DATA FOR ANALYSIS START
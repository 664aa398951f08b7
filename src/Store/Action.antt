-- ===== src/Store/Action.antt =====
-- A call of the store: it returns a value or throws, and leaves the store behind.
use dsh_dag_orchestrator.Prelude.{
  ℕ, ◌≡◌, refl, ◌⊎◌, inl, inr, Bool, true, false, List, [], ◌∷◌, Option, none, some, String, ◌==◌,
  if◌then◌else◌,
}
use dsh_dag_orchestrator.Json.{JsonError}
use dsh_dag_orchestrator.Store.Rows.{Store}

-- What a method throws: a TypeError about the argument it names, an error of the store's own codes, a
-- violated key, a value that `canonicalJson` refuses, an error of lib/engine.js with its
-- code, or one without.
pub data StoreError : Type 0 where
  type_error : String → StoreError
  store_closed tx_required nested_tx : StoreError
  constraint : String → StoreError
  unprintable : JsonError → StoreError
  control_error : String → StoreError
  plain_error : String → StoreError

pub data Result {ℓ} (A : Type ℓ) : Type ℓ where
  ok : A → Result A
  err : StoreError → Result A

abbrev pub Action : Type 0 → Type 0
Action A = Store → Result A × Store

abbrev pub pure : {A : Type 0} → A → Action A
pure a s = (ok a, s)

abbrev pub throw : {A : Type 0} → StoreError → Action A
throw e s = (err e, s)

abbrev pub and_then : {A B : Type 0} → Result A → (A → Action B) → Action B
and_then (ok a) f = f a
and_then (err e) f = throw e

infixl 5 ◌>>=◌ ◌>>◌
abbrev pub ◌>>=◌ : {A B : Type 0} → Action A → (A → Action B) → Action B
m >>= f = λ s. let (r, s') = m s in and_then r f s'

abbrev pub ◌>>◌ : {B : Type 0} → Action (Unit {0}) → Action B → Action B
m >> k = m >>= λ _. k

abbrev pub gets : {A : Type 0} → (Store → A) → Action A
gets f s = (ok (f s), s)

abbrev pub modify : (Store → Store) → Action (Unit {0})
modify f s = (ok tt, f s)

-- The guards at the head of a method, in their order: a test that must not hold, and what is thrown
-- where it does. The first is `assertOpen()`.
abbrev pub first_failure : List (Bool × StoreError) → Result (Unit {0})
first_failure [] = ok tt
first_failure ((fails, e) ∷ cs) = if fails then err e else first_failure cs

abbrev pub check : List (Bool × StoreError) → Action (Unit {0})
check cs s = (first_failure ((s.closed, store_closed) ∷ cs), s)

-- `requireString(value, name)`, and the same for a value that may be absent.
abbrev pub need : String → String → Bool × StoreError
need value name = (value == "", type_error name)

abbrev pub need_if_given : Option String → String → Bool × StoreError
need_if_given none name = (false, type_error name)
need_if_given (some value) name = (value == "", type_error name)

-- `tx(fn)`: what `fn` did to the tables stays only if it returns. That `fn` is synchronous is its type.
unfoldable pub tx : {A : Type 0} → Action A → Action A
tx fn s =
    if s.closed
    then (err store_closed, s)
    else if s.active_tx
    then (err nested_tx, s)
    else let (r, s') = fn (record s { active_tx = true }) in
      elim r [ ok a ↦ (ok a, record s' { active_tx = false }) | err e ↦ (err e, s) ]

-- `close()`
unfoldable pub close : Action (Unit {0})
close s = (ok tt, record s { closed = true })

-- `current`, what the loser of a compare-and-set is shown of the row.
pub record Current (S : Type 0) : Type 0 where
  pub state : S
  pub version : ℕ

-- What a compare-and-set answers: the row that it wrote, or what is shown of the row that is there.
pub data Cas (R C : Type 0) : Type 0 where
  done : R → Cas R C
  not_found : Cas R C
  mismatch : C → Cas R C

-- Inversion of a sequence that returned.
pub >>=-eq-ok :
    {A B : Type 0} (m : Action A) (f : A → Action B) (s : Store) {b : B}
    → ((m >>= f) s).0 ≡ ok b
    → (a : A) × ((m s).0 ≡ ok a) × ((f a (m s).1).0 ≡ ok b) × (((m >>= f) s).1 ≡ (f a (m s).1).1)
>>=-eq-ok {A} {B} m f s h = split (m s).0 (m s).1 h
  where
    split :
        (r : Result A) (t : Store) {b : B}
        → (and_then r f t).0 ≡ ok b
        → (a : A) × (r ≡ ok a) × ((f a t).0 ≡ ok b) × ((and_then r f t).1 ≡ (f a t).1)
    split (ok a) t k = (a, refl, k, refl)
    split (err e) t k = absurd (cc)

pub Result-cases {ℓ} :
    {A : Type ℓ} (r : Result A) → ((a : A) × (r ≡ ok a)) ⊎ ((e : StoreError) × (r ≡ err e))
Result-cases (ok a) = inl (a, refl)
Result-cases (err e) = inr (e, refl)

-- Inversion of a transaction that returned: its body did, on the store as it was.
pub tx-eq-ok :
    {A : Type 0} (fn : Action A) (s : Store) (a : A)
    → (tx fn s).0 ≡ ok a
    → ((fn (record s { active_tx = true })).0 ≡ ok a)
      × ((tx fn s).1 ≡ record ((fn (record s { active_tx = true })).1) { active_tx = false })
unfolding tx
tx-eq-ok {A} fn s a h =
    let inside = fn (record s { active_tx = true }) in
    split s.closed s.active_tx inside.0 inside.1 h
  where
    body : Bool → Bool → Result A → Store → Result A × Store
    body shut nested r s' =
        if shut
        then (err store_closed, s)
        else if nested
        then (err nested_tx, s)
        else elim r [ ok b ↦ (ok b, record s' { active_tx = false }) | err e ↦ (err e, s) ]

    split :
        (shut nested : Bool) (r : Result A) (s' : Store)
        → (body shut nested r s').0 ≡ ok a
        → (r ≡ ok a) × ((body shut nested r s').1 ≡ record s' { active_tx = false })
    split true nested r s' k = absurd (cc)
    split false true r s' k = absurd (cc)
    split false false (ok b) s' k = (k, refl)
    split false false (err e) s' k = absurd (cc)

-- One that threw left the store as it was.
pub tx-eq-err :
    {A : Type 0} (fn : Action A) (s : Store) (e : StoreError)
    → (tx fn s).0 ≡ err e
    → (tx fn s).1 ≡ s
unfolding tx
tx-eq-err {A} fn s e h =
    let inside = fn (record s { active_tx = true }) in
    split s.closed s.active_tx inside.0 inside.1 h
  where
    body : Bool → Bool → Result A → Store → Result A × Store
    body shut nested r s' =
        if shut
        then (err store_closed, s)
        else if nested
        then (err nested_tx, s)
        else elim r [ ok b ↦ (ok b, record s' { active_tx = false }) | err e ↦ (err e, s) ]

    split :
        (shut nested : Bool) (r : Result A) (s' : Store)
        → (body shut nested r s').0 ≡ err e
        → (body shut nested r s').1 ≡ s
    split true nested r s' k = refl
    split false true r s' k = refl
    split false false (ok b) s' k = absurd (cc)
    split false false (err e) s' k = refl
DATA FOR ANALYSIS END
DATA FOR ANALYSIS START
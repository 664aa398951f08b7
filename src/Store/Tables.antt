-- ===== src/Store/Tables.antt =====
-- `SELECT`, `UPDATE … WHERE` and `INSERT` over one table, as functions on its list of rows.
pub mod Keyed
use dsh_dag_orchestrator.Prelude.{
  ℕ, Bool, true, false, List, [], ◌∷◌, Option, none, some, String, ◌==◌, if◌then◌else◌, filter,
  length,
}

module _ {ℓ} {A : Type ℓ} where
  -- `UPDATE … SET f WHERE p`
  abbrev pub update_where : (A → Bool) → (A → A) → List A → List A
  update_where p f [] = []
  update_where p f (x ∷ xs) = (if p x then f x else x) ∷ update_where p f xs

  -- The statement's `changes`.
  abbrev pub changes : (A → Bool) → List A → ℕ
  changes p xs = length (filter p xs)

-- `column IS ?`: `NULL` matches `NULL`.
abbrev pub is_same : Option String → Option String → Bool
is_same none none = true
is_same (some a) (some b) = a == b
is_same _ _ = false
DATA FOR ANALYSIS END
**YOUR OBJECTIVE**
Scan the material above. Copy each line where "method" occurs.

**RESULT OF THIS EXERCISE**
-- What a method throws: a TypeError about the argument it names, an error of the store's own codes, a
-- The guards at the head of a method, in their order: a test that must not hold, and what is thrown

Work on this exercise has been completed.